Input records =
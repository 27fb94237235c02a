-- ===== src/Security/Scoring.antt =====
-- app/security_center/engine/scoring.py. Credit is counted in halves of a weight, which the floats
-- of the source hold exactly. A score is in tenths: the float division and `round(…, 1)` are the
-- parameter `round_percent`.
pub mod Totals
pub mod Domains
use net_ops_guard.Prelude.{
  ℕ, ◌+◌, ◌*◌, ◌≤◌, ◌<◌, ◌≡◌, String, List, [], ◌∷◌, ◌++◌, ltb, leb, ◌==◌, str_eq, map,
  if◌then◌else◌,
}
use net_ops_guard.Security.Findings.{
  Severity, severity_weight, Status, pass, fail, na, manual, warn, Finding,
}

-- `round((earned / applicable) * 100.0, 1)` in tenths, of an earned credit in halves.
pub record Rounding : Type 0 where
  pub round_percent : (earned applicable : ℕ) → ℕ
  pub round_percent_full : (w : ℕ) → 0 < w → round_percent (2 * w) w ≡ 1000
  pub round_percent_mono : (e e' w : ℕ) → e ≤ e' → round_percent e w ≤ round_percent e' w
  pub round_percent_anti : (e w w' : ℕ) → 0 < w → w ≤ w' → round_percent e w' ≤ round_percent e w

-- The loop's state: the sums and `counts`.
pub record Tally : Type 0 where
  pub earned : ℕ
  pub applicable : ℕ
  pub pass_count : ℕ
  pub warn_count : ℕ
  pub manual_count : ℕ
  pub fail_count : ℕ
  pub na_count : ℕ

-- `_CREDIT_FRACTION`, in halves.
credit_halves : Status → ℕ
credit_halves pass = 2
credit_halves warn = 1
credit_halves _ = 0

count_status : Status → Tally → Tally
count_status pass t = record t { pass_count = t.pass_count + 1 }
count_status warn t = record t { warn_count = t.warn_count + 1 }
count_status manual t = record t { manual_count = t.manual_count + 1 }
count_status fail t = record t { fail_count = t.fail_count + 1 }
count_status na t = record t { na_count = t.na_count + 1 }

weigh : Status → ℕ → Tally → Tally
unfolding credit_halves
weigh na weight t = t
weigh status weight t = if weight == 0 then t else record t {
  earned = t.earned + weight * credit_halves status;
  applicable = t.applicable + weight;
}

-- One round of the loop.
tally_finding : Tally → Finding → Tally
unfolding count_status weigh severity_weight
tally_finding t f = weigh f.status (severity_weight f.true_severity) (count_status f.status t)

tally : Tally → List Finding → Tally
unfolding tally_finding
tally t [] = t
tally t (f ∷ fs) = tally (tally_finding t f) fs

pub record ScoreBreakdown : Type 0 where
  pub score : ℕ
  pub fail_count : ℕ
  pub manual_count : ℕ
  pub pass_count : ℕ
  pub warn_count : ℕ
  pub na_count : ℕ
  pub applicable_weight : ℕ

abbrev start : Tally
start = record {
  earned = 0;
  applicable = 0;
  pass_count = 0;
  warn_count = 0;
  manual_count = 0;
  fail_count = 0;
  na_count = 0;
}

module _ (rounding : Rounding) where
  breakdown : Tally → ScoreBreakdown
  breakdown t = record {
    score = if ltb 0 t.applicable then rounding.round_percent t.earned t.applicable else 1000;
    fail_count = t.fail_count;
    manual_count = t.manual_count;
    pass_count = t.pass_count;
    warn_count = t.warn_count;
    na_count = t.na_count;
    applicable_weight = t.applicable;
  }

  unfoldable pub score_findings : List Finding → ScoreBreakdown
  unfolding tally breakdown
  score_findings findings = breakdown (tally start findings)

  -- `by_domain.setdefault(f.domain, []).append(f)` on a dict in insertion order.
  add_to_domain : Finding → List (String × List Finding) → List (String × List Finding)
  add_to_domain f [] = (f.domain, f ∷ []) ∷ []
  add_to_domain f ((d, fs) ∷ groups) =
      if str_eq d f.domain then (d, fs ++ f ∷ []) ∷ groups else (d, fs) ∷ add_to_domain f groups

  group_by_domain : List (String × List Finding) → List Finding → List (String × List Finding)
  unfolding add_to_domain
  group_by_domain groups [] = groups
  group_by_domain groups (f ∷ fs) = group_by_domain (add_to_domain f groups) fs

  unfoldable pub score_by_domain : List Finding → List (String × ScoreBreakdown)
  unfolding group_by_domain score_findings
  score_by_domain findings = map (λ (d, fs). (d, score_findings fs)) (group_by_domain [] findings)

pub data RiskLevel : Type 0 where
  minimal low medium high severe critical : RiskLevel

-- On a score in tenths.
unfoldable pub risk_level : ℕ → RiskLevel
risk_level score =
    if leb 950 score
    then minimal
    else if leb 850 score
    then low
    else if leb 700 score
    then medium
    else if leb 500 score
    then high
    else if leb 250 score
    then severe
    else critical
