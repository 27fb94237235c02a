-- ===== src/Security/Scoring/Totals.antt =====
-- The sums of `score_findings`, and what they say of the score.
use mathlib.Core.Path.{ap₂}
use net_ops_guard.Prelude.{
  ℕ, ◌+◌, ◌*◌, ◌≤◌, ◌≡◌, ◌≢◌, sym, ◌∙◌, List, [], ◌∷◌, ◌++◌, arith, length, ltb, ◌⊎◌, if◌then◌else◌,
  All,
}
use net_ops_guard.Security.Findings.{
  Severity, severity_weight, Status, pass, fail, na, manual, warn, Finding,
}
use net_ops_guard.Security.Scoring.{
  Rounding, Tally, credit_halves, count_status, weigh, tally_finding, tally, start, breakdown,
  score_findings, RiskLevel, risk_level,
}

-- The weight with which a finding enters the denominator: none if it is not applicable.
abbrev pub weight_of : Status → Severity → ℕ
weight_of na severity = 0
weight_of _ severity = severity_weight severity

-- What a finding earns, in halves.
abbrev earned_by : Status → Severity → ℕ
earned_by pass severity = severity_weight severity * 2
earned_by warn severity = severity_weight severity
earned_by _ severity = 0

abbrev pub sum_by : (Finding → ℕ) → List Finding → ℕ
sum_by f [] = 0
sum_by f (x ∷ xs) = f x + sum_by f xs

abbrev weight : Finding → ℕ
weight f = weight_of f.status f.true_severity

abbrev earning : Finding → ℕ
earning f = earned_by f.status f.true_severity

weigh-sums :
    (t : Tally) (s : Status) (v : Severity)
    → ((weigh s (severity_weight v) (count_status s t)).earned ≡ t.earned + earned_by s v)
      × ((weigh s (severity_weight v) (count_status s t)).applicable ≡ t.applicable + weight_of s v)
unfolding weigh count_status credit_halves
weigh-sums t pass v = ground arith
weigh-sums t warn v = ground arith
weigh-sums t manual v = ground arith
weigh-sums t fail v = ground arith
weigh-sums t na v = ground arith

tally-sums :
    (t : Tally) (fs : List Finding)
    → ((tally t fs).earned ≡ t.earned + sum_by earning fs)
      × ((tally t fs).applicable ≡ t.applicable + sum_by weight fs)
unfolding tally tally_finding
tally-sums t [] = ground arith
tally-sums t (f ∷ fs) =
    omega (arith, weigh-sums t f.status f.true_severity, tally-sums (tally_finding t f) fs)

abbrev total : Tally → ℕ
total t = t.pass_count + t.warn_count + t.manual_count + t.fail_count + t.na_count

tally_finding-total : (t : Tally) (f : Finding) → total (tally_finding t f) ≡ total t + 1
unfolding tally_finding
tally_finding-total t f = ground arith

tally-total : (t : Tally) (fs : List Finding) → total (tally t fs) ≡ total t + length fs
unfolding tally
tally-total t [] = omega arith
tally-total t (f ∷ fs) = omega (arith, tally_finding-total t f, tally-total (tally_finding t f) fs)

earning-le : (fs : List Finding) → sum_by earning fs ≤ 2 * sum_by weight fs
earning-le [] = omega arith
earning-le (f ∷ fs) = ground (arith, earning-le fs)

sum_by-append :
    (f : Finding → ℕ) (xs ys : List Finding) → sum_by f (xs ++ ys) ≡ sum_by f xs + sum_by f ys
sum_by-append f [] ys = omega arith
sum_by-append f (x ∷ xs) ys = omega (arith, sum_by-append f xs ys)

-- The five counts of a breakdown add up to the number of the findings.
pub score_findings-counts :
    (rounding : Rounding) (fs : List Finding)
    → let b = score_findings rounding fs in
      b.pass_count + b.warn_count + b.manual_count + b.fail_count + b.na_count ≡ length fs
unfolding score_findings breakdown
score_findings-counts rounding fs = omega (arith, tally-total start fs)

module _ (rounding : Rounding) where
  open rounding use {round_percent, round_percent_full, round_percent_mono, round_percent_anti}

  abbrev pub score : List Finding → ℕ
  score fs = (score_findings rounding fs).score

  -- The score of the sums.
  abbrev ratio : ℕ → ℕ → ℕ
  ratio e w = if ltb 0 w then round_percent e w else 1000

  score-ratio : (fs : List Finding) → score fs ≡ ratio (sum_by earning fs) (sum_by weight fs)
  unfolding score_findings breakdown
  score-ratio fs =
      ap₂ ratio (omega (arith, tally-sums start fs)) (omega (arith, tally-sums start fs))

  ratio_le : (e w : ℕ) → e ≤ 2 * w → ratio e w ≤ 1000
  ratio_le e w h = ground (arith, round_percent_full w, round_percent_mono e (2 * w) w)

  ratio_mono : (e e' w : ℕ) → e ≤ e' → ratio e w ≤ ratio e' w
  ratio_mono e e' w h = ground (arith, round_percent_mono e e' w)

  ratio_anti : (e w w' : ℕ) → e ≤ 2 * w → w ≤ w' → ratio e w' ≤ ratio e w
  ratio_anti e w w' h k = ground (arith, round_percent_anti e w w', ratio_le e w' (omega arith))

  -- A score is at most 100.0.
  pub score_le_full : (fs : List Finding) → score fs ≤ 1000
  score_le_full fs = rw score-ratio (ratio_le _ _ (earning-le fs))

  full_sums :
      (fs : List Finding)
      → All (λ f. (f.status ≡ pass) ⊎ (weight f ≡ 0)) fs
      → sum_by earning fs ≡ 2 * sum_by weight fs
  full_sums [] h = omega arith
  full_sums (f ∷ fs) h = ground (arith, full_sums fs h.1)

  -- If every finding passes, is not applicable, or has the true severity INFO, the score is 100.0.
  pub score_of_passed :
      (fs : List Finding) → All (λ f. (f.status ≡ pass) ⊎ (weight f ≡ 0)) fs → score fs ≡ 1000
  score_of_passed fs h =
      rw (score-ratio, full_sums fs h) (ground (arith, round_percent_full (sum_by weight fs)))

  module _ (xs ys : List Finding) (f : Finding) where
    sums_at :
        (sum_by earning (xs ++ f ∷ ys) ≡ sum_by earning (xs ++ ys) + earning f)
        × (sum_by weight (xs ++ f ∷ ys) ≡ sum_by weight (xs ++ ys) + weight f)
    sums_at = omega (
      arith,
      sum_by-append earning xs (f ∷ ys),
      sum_by-append earning xs ys,
      sum_by-append weight xs (f ∷ ys),
      sum_by-append weight xs ys,
    )

    -- A finding that is not applicable, or whose true severity is INFO, has no influence on the
    -- score, wherever in the list it stands.
    pub score_ignores : weight f ≡ 0 → score (xs ++ f ∷ ys) ≡ score (xs ++ ys)
    score_ignores h =
        score-ratio (xs ++ f ∷ ys)
        ∙ (ap₂ ratio (ground (arith, sums_at)) (ground (arith, sums_at))
            ∙ sym (score-ratio (xs ++ ys)))

    earns_nothing : (f.status ≡ fail) ⊎ (f.status ≡ manual) → earning f ≡ 0
    earns_nothing h = ground arith

    -- A control that fails, or that nobody has confirmed, never raises the score.
    pub score_gap :
        (f.status ≡ fail) ⊎ (f.status ≡ manual) → score (xs ++ f ∷ ys) ≤ score (xs ++ ys)
    score_gap h =
        rw (score-ratio, score-ratio (xs ++ ys), sums_at.0, sums_at.1, earns_nothing h)
          (ground (
            arith,
            ratio_anti (sum_by earning (xs ++ ys)) (sum_by weight (xs ++ ys))
                (sum_by weight (xs ++ ys) + weight f) (earning-le (xs ++ ys)) (omega arith),
          ))

  -- A finding that comes to pass, at the same true severity, where it was applicable before, never lowers the score.
  pub score_remediated :
      (xs ys : List Finding) (f g : Finding)
      → g.status ≡ pass
      → g.true_severity ≡ f.true_severity
      → f.status ≢ na
      → score (xs ++ f ∷ ys) ≤ score (xs ++ g ∷ ys)
  score_remediated xs ys f g p same counted =
      rw
        (
          score-ratio,
          score-ratio (xs ++ g ∷ ys),
          (sums_at xs ys f).0,
          (sums_at xs ys f).1,
          (sums_at xs ys g).0,
          (sums_at xs ys g).1,
          weight_same,
        )
        (ratio_mono _ _ _ earned_more)
    where
      weight_same : weight g ≡ weight f
      weight_same = ground arith

      earned_more : sum_by earning (xs ++ ys) + earning f ≤ sum_by earning (xs ++ ys) + earning g
      earned_more = ground arith

abbrev pub severity_of_risk : RiskLevel → ℕ
severity_of_risk RiskLevel.minimal = 0
severity_of_risk RiskLevel.low = 1
severity_of_risk RiskLevel.medium = 2
severity_of_risk RiskLevel.high = 3
severity_of_risk RiskLevel.severe = 4
severity_of_risk RiskLevel.critical = 5

-- A higher score never has a worse risk level.
pub risk_level_anti :
    (a b : ℕ) → a ≤ b → severity_of_risk (risk_level b) ≤ severity_of_risk (risk_level a)
unfolding risk_level
risk_level_anti a b h = ground arith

Task to carry out =
Find how many lines in the data above include the string "abbrev", and give that number alone.

Solved exercise =
10